WHAT NEEDS TO BE DONE:
Please keep to the lines below from the one with "unfoldable pub len : ShortTermMemory → ℕ" through the one with "new-IsBounded n = omega arith", and restate them word for word, ends included.

RECORDED DATA:
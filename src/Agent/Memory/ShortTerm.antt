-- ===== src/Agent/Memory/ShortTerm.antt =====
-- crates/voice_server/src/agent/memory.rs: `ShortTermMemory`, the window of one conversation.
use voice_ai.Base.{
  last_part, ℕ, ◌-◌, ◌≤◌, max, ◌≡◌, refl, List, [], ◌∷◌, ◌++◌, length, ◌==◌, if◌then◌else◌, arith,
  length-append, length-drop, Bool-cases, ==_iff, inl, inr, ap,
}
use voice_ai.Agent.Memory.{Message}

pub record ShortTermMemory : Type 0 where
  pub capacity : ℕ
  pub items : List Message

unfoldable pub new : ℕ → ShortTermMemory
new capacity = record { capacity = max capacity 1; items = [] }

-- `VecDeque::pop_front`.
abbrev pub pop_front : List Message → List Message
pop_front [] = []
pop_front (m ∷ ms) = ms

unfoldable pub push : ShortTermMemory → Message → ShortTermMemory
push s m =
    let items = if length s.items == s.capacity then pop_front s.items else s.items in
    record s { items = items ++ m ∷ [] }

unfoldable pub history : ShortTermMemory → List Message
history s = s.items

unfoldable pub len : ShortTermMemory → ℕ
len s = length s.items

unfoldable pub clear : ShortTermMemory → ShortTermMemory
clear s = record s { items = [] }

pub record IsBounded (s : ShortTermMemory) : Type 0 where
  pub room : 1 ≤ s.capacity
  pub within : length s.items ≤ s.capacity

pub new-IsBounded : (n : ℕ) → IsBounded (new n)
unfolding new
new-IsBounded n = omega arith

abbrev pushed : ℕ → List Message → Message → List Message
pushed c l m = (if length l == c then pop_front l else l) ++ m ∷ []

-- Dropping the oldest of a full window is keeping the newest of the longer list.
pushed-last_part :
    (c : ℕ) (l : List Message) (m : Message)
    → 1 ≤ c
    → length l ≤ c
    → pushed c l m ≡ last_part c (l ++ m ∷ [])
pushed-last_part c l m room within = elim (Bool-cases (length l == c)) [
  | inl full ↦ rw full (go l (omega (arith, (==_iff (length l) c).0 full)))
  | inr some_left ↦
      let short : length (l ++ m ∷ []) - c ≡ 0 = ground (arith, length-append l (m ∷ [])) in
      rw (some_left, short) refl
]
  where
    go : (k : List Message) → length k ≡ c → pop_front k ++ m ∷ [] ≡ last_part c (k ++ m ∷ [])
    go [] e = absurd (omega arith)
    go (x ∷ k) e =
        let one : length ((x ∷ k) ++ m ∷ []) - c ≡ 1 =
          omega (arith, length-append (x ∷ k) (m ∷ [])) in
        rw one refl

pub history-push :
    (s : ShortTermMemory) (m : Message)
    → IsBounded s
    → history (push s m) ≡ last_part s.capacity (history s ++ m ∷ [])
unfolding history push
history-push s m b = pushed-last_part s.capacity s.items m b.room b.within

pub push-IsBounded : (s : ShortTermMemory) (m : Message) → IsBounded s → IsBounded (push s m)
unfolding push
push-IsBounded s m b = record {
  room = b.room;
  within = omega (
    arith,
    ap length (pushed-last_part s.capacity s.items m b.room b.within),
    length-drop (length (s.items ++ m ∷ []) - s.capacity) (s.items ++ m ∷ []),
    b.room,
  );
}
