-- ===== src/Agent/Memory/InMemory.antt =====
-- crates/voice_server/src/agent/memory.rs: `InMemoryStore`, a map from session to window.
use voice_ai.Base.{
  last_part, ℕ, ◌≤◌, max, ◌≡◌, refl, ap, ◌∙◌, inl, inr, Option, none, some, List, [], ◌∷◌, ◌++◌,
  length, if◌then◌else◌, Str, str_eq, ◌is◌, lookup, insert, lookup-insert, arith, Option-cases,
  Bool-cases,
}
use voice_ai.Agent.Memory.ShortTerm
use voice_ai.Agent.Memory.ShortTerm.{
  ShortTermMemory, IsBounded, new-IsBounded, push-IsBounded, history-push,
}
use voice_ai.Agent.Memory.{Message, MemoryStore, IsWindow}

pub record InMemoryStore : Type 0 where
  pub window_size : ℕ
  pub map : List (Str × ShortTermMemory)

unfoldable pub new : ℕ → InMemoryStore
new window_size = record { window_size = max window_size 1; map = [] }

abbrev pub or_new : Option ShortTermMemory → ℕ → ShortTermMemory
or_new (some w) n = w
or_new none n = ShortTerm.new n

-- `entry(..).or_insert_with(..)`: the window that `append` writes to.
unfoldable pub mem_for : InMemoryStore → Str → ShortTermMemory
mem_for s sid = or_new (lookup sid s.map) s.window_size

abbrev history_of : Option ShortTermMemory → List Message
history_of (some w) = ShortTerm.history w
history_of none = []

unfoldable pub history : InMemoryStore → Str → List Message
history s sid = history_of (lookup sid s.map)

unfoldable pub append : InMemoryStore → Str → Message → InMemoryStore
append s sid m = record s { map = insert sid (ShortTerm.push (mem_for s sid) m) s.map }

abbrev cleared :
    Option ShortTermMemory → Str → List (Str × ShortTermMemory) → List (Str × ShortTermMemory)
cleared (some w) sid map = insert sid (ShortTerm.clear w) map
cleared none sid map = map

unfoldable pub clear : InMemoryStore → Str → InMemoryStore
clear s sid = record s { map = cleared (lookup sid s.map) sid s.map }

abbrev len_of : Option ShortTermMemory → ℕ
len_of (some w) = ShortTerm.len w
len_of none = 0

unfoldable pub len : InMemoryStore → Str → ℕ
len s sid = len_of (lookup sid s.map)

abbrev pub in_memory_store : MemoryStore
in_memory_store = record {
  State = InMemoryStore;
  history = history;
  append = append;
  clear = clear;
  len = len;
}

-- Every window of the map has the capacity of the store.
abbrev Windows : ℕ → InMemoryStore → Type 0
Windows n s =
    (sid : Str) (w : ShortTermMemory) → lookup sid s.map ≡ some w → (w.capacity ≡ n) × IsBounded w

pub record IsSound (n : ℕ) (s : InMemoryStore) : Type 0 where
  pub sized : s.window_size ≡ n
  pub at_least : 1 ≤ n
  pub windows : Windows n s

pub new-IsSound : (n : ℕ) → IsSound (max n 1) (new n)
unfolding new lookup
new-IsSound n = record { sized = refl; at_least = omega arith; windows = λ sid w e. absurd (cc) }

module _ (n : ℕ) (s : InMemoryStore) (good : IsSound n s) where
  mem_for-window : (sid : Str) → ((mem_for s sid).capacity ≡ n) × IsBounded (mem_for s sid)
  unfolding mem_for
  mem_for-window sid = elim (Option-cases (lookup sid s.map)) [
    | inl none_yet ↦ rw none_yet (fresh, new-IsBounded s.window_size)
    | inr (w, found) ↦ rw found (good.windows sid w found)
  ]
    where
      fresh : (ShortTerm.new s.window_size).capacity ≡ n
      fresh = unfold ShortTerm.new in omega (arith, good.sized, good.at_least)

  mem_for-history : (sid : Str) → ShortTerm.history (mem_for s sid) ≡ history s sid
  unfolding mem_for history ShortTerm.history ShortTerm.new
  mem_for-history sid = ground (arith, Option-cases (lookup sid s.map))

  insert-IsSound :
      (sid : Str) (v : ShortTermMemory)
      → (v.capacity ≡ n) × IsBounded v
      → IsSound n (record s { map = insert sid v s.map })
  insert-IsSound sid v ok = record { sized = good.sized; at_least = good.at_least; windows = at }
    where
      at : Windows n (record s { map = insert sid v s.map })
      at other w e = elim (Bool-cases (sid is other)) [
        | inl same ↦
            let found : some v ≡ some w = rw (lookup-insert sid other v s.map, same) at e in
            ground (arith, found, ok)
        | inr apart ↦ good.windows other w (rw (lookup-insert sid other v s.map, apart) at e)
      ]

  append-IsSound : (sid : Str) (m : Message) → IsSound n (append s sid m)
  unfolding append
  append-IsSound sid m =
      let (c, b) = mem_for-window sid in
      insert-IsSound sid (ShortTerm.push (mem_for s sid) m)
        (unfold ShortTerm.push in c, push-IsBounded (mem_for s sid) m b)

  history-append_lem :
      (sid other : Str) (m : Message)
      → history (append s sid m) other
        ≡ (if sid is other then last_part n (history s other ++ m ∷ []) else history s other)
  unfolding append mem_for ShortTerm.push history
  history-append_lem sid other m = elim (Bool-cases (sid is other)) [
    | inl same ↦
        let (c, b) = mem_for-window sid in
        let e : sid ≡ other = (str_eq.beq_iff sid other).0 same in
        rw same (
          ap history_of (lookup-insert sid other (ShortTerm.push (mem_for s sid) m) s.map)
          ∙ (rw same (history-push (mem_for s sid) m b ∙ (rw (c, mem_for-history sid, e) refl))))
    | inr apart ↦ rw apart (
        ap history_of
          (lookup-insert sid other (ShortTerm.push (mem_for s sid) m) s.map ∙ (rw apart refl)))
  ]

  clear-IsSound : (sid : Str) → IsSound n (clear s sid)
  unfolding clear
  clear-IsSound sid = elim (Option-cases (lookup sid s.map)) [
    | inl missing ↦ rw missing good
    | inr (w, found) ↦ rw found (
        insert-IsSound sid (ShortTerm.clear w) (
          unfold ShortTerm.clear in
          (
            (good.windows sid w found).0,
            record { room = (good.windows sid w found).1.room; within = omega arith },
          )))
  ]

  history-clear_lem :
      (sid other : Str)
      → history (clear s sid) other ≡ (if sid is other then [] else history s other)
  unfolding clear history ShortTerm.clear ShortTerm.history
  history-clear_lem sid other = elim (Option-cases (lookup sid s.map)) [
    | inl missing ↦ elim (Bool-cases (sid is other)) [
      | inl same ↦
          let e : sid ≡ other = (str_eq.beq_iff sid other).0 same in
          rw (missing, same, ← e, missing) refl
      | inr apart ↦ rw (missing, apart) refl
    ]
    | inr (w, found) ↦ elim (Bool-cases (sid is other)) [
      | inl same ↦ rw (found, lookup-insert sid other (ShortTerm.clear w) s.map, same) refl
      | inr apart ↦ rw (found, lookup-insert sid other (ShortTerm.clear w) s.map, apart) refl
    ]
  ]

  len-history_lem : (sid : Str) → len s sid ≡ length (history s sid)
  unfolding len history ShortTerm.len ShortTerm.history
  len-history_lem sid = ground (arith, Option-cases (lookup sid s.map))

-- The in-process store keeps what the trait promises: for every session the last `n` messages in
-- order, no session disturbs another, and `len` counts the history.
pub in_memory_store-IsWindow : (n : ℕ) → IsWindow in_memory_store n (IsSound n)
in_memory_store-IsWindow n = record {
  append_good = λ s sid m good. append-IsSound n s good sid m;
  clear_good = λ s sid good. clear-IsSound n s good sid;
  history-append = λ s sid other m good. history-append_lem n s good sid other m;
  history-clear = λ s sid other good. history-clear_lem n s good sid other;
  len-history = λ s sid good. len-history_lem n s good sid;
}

...

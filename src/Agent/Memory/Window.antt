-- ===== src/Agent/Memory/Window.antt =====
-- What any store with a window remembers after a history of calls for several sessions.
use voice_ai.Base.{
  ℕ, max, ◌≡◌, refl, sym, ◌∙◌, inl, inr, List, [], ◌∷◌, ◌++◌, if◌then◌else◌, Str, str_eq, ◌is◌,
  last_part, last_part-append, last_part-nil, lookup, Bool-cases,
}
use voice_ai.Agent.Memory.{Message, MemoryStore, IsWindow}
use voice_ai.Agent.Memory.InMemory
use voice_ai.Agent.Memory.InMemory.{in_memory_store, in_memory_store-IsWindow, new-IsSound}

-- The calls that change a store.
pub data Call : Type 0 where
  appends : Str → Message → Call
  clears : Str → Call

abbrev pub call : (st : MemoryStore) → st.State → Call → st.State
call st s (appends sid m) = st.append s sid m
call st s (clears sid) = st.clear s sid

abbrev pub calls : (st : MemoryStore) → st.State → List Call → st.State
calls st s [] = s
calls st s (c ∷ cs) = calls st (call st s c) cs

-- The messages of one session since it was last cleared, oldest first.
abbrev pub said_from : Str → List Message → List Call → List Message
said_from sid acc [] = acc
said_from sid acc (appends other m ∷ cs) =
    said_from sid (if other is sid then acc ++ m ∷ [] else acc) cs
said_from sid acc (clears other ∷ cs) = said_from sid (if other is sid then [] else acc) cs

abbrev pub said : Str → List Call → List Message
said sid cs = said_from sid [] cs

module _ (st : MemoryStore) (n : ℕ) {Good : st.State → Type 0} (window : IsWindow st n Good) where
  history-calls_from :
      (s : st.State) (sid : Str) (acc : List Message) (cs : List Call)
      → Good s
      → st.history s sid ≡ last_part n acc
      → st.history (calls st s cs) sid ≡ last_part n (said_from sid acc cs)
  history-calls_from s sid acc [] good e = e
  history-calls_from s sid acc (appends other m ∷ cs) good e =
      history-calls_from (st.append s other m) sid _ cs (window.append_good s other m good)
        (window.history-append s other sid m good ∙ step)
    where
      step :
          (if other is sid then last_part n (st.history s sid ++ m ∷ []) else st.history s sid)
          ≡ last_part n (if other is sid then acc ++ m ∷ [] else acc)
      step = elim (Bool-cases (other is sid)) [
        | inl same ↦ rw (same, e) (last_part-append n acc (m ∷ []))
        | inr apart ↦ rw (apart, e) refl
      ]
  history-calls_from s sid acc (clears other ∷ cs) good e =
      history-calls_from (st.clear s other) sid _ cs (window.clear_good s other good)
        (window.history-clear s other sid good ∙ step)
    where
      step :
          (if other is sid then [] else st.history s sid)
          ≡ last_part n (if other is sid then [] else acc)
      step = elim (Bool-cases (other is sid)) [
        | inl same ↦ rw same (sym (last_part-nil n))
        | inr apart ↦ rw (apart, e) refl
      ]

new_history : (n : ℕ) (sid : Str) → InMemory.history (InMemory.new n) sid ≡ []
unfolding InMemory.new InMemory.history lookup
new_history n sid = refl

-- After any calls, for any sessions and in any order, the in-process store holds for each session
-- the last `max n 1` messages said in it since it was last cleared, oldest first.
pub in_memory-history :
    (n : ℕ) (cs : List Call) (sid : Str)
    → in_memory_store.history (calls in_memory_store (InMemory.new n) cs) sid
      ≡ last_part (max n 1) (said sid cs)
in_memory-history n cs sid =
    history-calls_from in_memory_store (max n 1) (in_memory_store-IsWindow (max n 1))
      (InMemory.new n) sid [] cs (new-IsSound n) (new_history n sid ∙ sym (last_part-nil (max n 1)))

ANSWER TO THE PROBLEM:
unfoldable pub len : ShortTermMemory → ℕ
len s = length s.items

unfoldable pub clear : ShortTermMemory → ShortTermMemory
clear s = record s { items = [] }

pub record IsBounded (s : ShortTermMemory) : Type 0 where
  pub room : 1 ≤ s.capacity
  pub within : length s.items ≤ s.capacity

pub new-IsBounded : (n : ℕ) → IsBounded (new n)
unfolding new
new-IsBounded n = omega arith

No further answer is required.